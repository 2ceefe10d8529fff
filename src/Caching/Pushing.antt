-- ===== src/Caching/Pushing.antt =====
-- To push a block on the cache, which may delete the first entry.
use libcryfs.Common.{
  ℕ, ◌≤◌, ◌<◌, ◌≡◌, refl, subst, Bool, true, false, ◌&&◌, Option, none, some, [], ◌∷◌, ◌++◌, arith,
  ltb, lt→ltb, length, length-append, Bool-cases, inl, inr,
}
use libcryfs.Common.Equality.{◌==◌, nat_eq, bytes_eq}
use libcryfs.Common.Result.{ok}
use libcryfs.Common.Assoc.{find, NodupKeys, find-append, insert_fresh, insert-NodupKeys}
use libcryfs.Common.Bytes.{Data, BlockId}
use libcryfs.BlockStore.{BlockStore2, IsLawful}
use libcryfs.Caching.Queue.{QueueOps, IsQueue}
use libcryfs.Caching.Cache
use libcryfs.Caching.Cache.{CacheEntry}
use libcryfs.Caching.Store.{
  CachedBlock, Below, destruct, CachingBlockStore2, max_entries, push_block,
}
use libcryfs.Caching.Coherent.{Entries, seen, Coherent, evict-Coherent}

-- What stands in the cache after a push, and below.
pub record Fits {S : BlockStore2} {Q : QueueOps BlockId (CacheEntry CachedBlock)}
    {contents : S.State → BlockId → Option Data} (L : IsLawful S contents)
    (Holds : Q.State → Entries → Type 0) (extra : BlockId → Bool) (t : CachingBlockStore2 S Q)
    (l : Entries) : Type 0 where
  pub holds : Holds t.cache l
  pub distinct : NodupKeys l
  pub small : length l ≤ max_entries
  pub coherent : Coherent L extra t.below l

pub append-NodupKeys :
    (k : BlockId) (e : CacheEntry CachedBlock) (l : Entries)
    → find k l ≡ none
    → NodupKeys l
    → NodupKeys (l ++ (k, e) ∷ [])
append-NodupKeys k e l absent distinct =
    subst (λ m. NodupKeys m) (insert_fresh k e l absent) (insert-NodupKeys k e l distinct)

module _ {S : BlockStore2} (Q : QueueOps BlockId (CacheEntry CachedBlock)) where
  -- What a push does where the cache is full.
  delete_entry-run :
      (q r : Q.State) (w u : Below S) (k : BlockId) (entry : CacheEntry CachedBlock)
      → Q.peek_key q ≡ some k
      → Q.pop_first q ≡ (some entry, r)
      → destruct entry.value w ≡ ok u
      → Cache.delete_entry Q destruct max_entries q w ≡ ok (r, u)
  unfolding Cache.delete_entry
  delete_entry-run q r w u k entry peeked popped destructed =
      ground (arith, peeked, popped, destructed)

module _ {S : BlockStore2} {Q : QueueOps BlockId (CacheEntry CachedBlock)} where
  push_block-full :
      (now : ℕ) (k : BlockId) (b : CachedBlock) (s : CachingBlockStore2 S Q) (r q : Q.State)
      (u : Below S)
      → Q.size s.cache ≡ max_entries
      → Cache.delete_entry Q destruct max_entries s.cache s.below ≡ ok (r, u)
      → ltb (Q.size r) max_entries ≡ true
      → Q.push k (record { last_access = now; value = b }) r ≡ ok q
      → push_block now k b s ≡ ok (record { below = u; cache = q })
  unfolding push_block Cache.push Cache.make_space
  push_block-full now k b s r q u full deleted room pushed =
      ground (arith, deleted, pushed, full, room)

  push_block-room :
      (now : ℕ) (k : BlockId) (b : CachedBlock) (s : CachingBlockStore2 S Q) (q : Q.State)
      → Q.size s.cache < max_entries
      → Q.push k (record { last_access = now; value = b }) s.cache ≡ ok q
      → push_block now k b s ≡ ok (record { below = s.below; cache = q })
  unfolding push_block Cache.push Cache.make_space
  push_block-room now k b s q room pushed = ground (arith, room, pushed)

-- The block that is pushed stands at the end of the queue.
abbrev pub pushed : ℕ → BlockId → CachedBlock → Entries → Entries
pushed now k b l = l ++ (k, record { last_access = now; value = b }) ∷ []

pushed-small :
    (now : ℕ) (k : BlockId) (b : CachedBlock) (l : Entries)
    → length l < max_entries
    → length (pushed now k b l) ≤ max_entries
pushed-small now k b l room =
    ground (arith, length-append l ((k, record { last_access = now; value = b }) ∷ []), room)

absent_tail :
    (k k0 : BlockId) (e0 : CacheEntry CachedBlock) (l : Entries)
    → find k ((k0, e0) ∷ l) ≡ none
    → find k l ≡ none
unfolding find
absent_tail k k0 e0 l absent = ground (arith, absent)

other_first :
    (flag : Bool) (k k0 : BlockId) (e0 : CacheEntry CachedBlock) (l : Entries)
    → find k ((k0, e0) ∷ l) ≡ none
    → (flag && (k0 == k)) ≡ false
unfolding find
other_first flag k k0 e0 l absent =
    ground (arith, absent, bytes_eq.beq_iff k k0, bytes_eq.beq_iff k0 k)

absent_pushed :
    (now : ℕ) (k : BlockId) (b : CachedBlock) (k0 : BlockId) (e0 : CacheEntry CachedBlock)
    (l : Entries)
    → find k0 l ≡ none
    → find k ((k0, e0) ∷ l) ≡ none
    → find k0 (pushed now k b l) ≡ none
unfolding find
absent_pushed now k b k0 e0 l new absent = ground (
  arith,
  new,
  absent,
  find-append k0 l ((k, record { last_access = now; value = b }) ∷ []),
  bytes_eq.beq_iff k k0,
  bytes_eq.beq_iff k0 k,
)

module _ {S : BlockStore2} {Q : QueueOps BlockId (CacheEntry CachedBlock)}
    {contents : S.State → BlockId → Option Data} (L : IsLawful S contents)
    {Holds : Q.State → Entries → Type 0} (R : IsQueue Q Holds) where
  pushed-Holds :
      (now : ℕ) (k : BlockId) (b : CachedBlock) (q : Q.State) (l : Entries)
      → Holds q l
      → find k l ≡ none
      → (r : Q.State) × (Q.push k (record { last_access = now; value = b }) q ≡ ok r)
        × Holds r (pushed now k b l)
  pushed-Holds now k b q l h absent = R.push_lem k _ q l h absent

  pub delete_first-Holds :
      (q : Q.State) (w u : Below S) (k : BlockId) (entry : CacheEntry CachedBlock) (l : Entries)
      → Holds q ((k, entry) ∷ l)
      → destruct entry.value w ≡ ok u
      → (r : Q.State) × (Cache.delete_entry Q destruct max_entries q w ≡ ok (r, u)) × Holds r l
  delete_first-Holds q w u k entry l h destructed =
      let (r, popped, h') = R.pop_first_lem q ((k, entry) ∷ l) h in
      (
        r,
        delete_entry-run Q q r w u k entry (R.peek_key_lem q ((k, entry) ∷ l) h) popped destructed,
        h',
      )

  push_block_room :
      (now : ℕ) (k : BlockId) (b : CachedBlock) (extra : BlockId → Bool)
      (s : CachingBlockStore2 S Q) (l : Entries)
      → Holds s.cache l
      → NodupKeys l
      → length l < max_entries
      → find k l ≡ none
      → Coherent L extra s.below (pushed now k b l)
      → (t : CachingBlockStore2 S Q) × (l' : Entries) × (push_block now k b s ≡ ok t)
        × Fits L Holds extra t l'
        × ((a : BlockId)
            → seen (find a l') (contents t.below.base a)
              ≡ seen (find a (pushed now k b l)) (contents s.below.base a))
  push_block_room now k b extra s l h distinct room absent c =
      let (q, run, h') = pushed-Holds now k b s.cache l h absent in
      let size : Q.size s.cache < max_entries = omega (arith, R.size_lem s.cache l h, room) in
      (
        record { below = s.below; cache = q },
        pushed now k b l,
        push_block-room now k b s q size run,
        record {
          holds = h';
          distinct = append-NodupKeys k _ l absent distinct;
          small = pushed-small now k b l room;
          coherent = c;
        },
        λ a. refl,
      )

  push_block_full :
      (now : ℕ) (k : BlockId) (b : CachedBlock) (extra : BlockId → Bool)
      (s : CachingBlockStore2 S Q) (k0 : BlockId) (e0 : CacheEntry CachedBlock) (l : Entries)
      → Holds s.cache ((k0, e0) ∷ l)
      → NodupKeys ((k0, e0) ∷ l)
      → length ((k0, e0) ∷ l) ≡ max_entries
      → find k ((k0, e0) ∷ l) ≡ none
      → extra k0 ≡ false
      → Coherent L extra s.below (pushed now k b ((k0, e0) ∷ l))
      → (t : CachingBlockStore2 S Q) × (l' : Entries) × (push_block now k b s ≡ ok t)
        × Fits L Holds extra t l'
        × ((a : BlockId)
            → seen (find a l') (contents t.below.base a)
              ≡ seen (find a (pushed now k b ((k0, e0) ∷ l))) (contents s.below.base a))
  push_block_full now k b extra s k0 e0 l h (new, distinct) full absent other c =
      let absent' : find k l ≡ none = absent_tail k k0 e0 l absent in
      let (u, destructed, c', view) =
        evict-Coherent L extra s.below k0 e0 (pushed now k b l)
          (absent_pushed now k b k0 e0 l new absent) other c in
      let (r, deleted, h') = delete_first-Holds s.cache s.below u k0 e0 l h destructed in
      let (q, run, h'') = pushed-Holds now k b r l h' absent' in
      (
        record { below = u; cache = q },
        pushed now k b l,
        push_block-full now k b s r q u (omega (arith, R.size_lem s.cache ((k0, e0) ∷ l) h, full))
            deleted (lt→ltb _ _ (omega (arith, R.size_lem r l h', full))) run,
        record {
          holds = h'';
          distinct = append-NodupKeys k _ l absent' distinct;
          small = pushed-small now k b l (ground (arith, full));
          coherent = c';
        },
        view,
      )

  -- A push, which may delete the first entry, changes nothing that is seen.
  pub push_block-Fits :
      (now : ℕ) (flag : Bool) (k : BlockId) (b : CachedBlock) (s : CachingBlockStore2 S Q)
      (l : Entries)
      → Holds s.cache l
      → NodupKeys l
      → length l ≤ max_entries
      → find k l ≡ none
      → Coherent L (λ a. flag && (a == k)) s.below (pushed now k b l)
      → (t : CachingBlockStore2 S Q) × (l' : Entries) × (push_block now k b s ≡ ok t)
        × Fits L Holds (λ a. flag && (a == k)) t l'
        × ((a : BlockId)
            → seen (find a l') (contents t.below.base a)
              ≡ seen (find a (pushed now k b l)) (contents s.below.base a))
  push_block-Fits now flag k b s [] h distinct small absent c =
      push_block_room now k b (λ a. flag && (a == k)) s [] h distinct (ground arith) absent c
  push_block-Fits now flag k b s ((k0, e0) ∷ l) h distinct small absent c =
      elim (Bool-cases (length ((k0, e0) ∷ l) == max_entries)) [
        | inl full ↦
            push_block_full now k b (λ a. flag && (a == k)) s k0 e0 l h distinct
              (ground (arith, full)) absent (other_first flag k k0 e0 l absent) c
        | inr room ↦
            push_block_room now k b (λ a. flag && (a == k)) s ((k0, e0) ∷ l) h distinct
              (ground (arith, room)) absent c
      ]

### Prompt
In the material above, find the line containing "s.below (pushed now k b ((k0, e0)" and the line containing "arith) absent c", then write out exactly those two lines and every line between them, and nothing more.

### Reply to the task
      → Coherent L extra s.below (pushed now k b ((k0, e0) ∷ l))
      → (t : CachingBlockStore2 S Q) × (l' : Entries) × (push_block now k b s ≡ ok t)
        × Fits L Holds extra t l'
        × ((a : BlockId)
            → seen (find a l') (contents t.below.base a)
              ≡ seen (find a (pushed now k b ((k0, e0) ∷ l))) (contents s.below.base a))
  push_block_full now k b extra s k0 e0 l h (new, distinct) full absent other c =
      let absent' : find k l ≡ none = absent_tail k k0 e0 l absent in
      let (u, destructed, c', view) =
        evict-Coherent L extra s.below k0 e0 (pushed now k b l)
          (absent_pushed now k b k0 e0 l new absent) other c in
      let (r, deleted, h') = delete_first-Holds s.cache s.below u k0 e0 l h destructed in
      let (q, run, h'') = pushed-Holds now k b r l h' absent' in
      (
        record { below = u; cache = q },
        pushed now k b l,
        push_block-full now k b s r q u (omega (arith, R.size_lem s.cache ((k0, e0) ∷ l) h, full))
            deleted (lt→ltb _ _ (omega (arith, R.size_lem r l h', full))) run,
        record {
          holds = h'';
          distinct = append-NodupKeys k _ l absent' distinct;
          small = pushed-small now k b l (ground (arith, full));
          coherent = c';
        },
        view,
      )

  -- A push, which may delete the first entry, changes nothing that is seen.
  pub push_block-Fits :
      (now : ℕ) (flag : Bool) (k : BlockId) (b : CachedBlock) (s : CachingBlockStore2 S Q)
      (l : Entries)
      → Holds s.cache l
      → NodupKeys l
      → length l ≤ max_entries
      → find k l ≡ none
      → Coherent L (λ a. flag && (a == k)) s.below (pushed now k b l)
      → (t : CachingBlockStore2 S Q) × (l' : Entries) × (push_block now k b s ≡ ok t)
        × Fits L Holds (λ a. flag && (a == k)) t l'
        × ((a : BlockId)
            → seen (find a l') (contents t.below.base a)
              ≡ seen (find a (pushed now k b l)) (contents s.below.base a))
  push_block-Fits now flag k b s [] h distinct small absent c =
      push_block_room now k b (λ a. flag && (a == k)) s [] h distinct (ground arith) absent c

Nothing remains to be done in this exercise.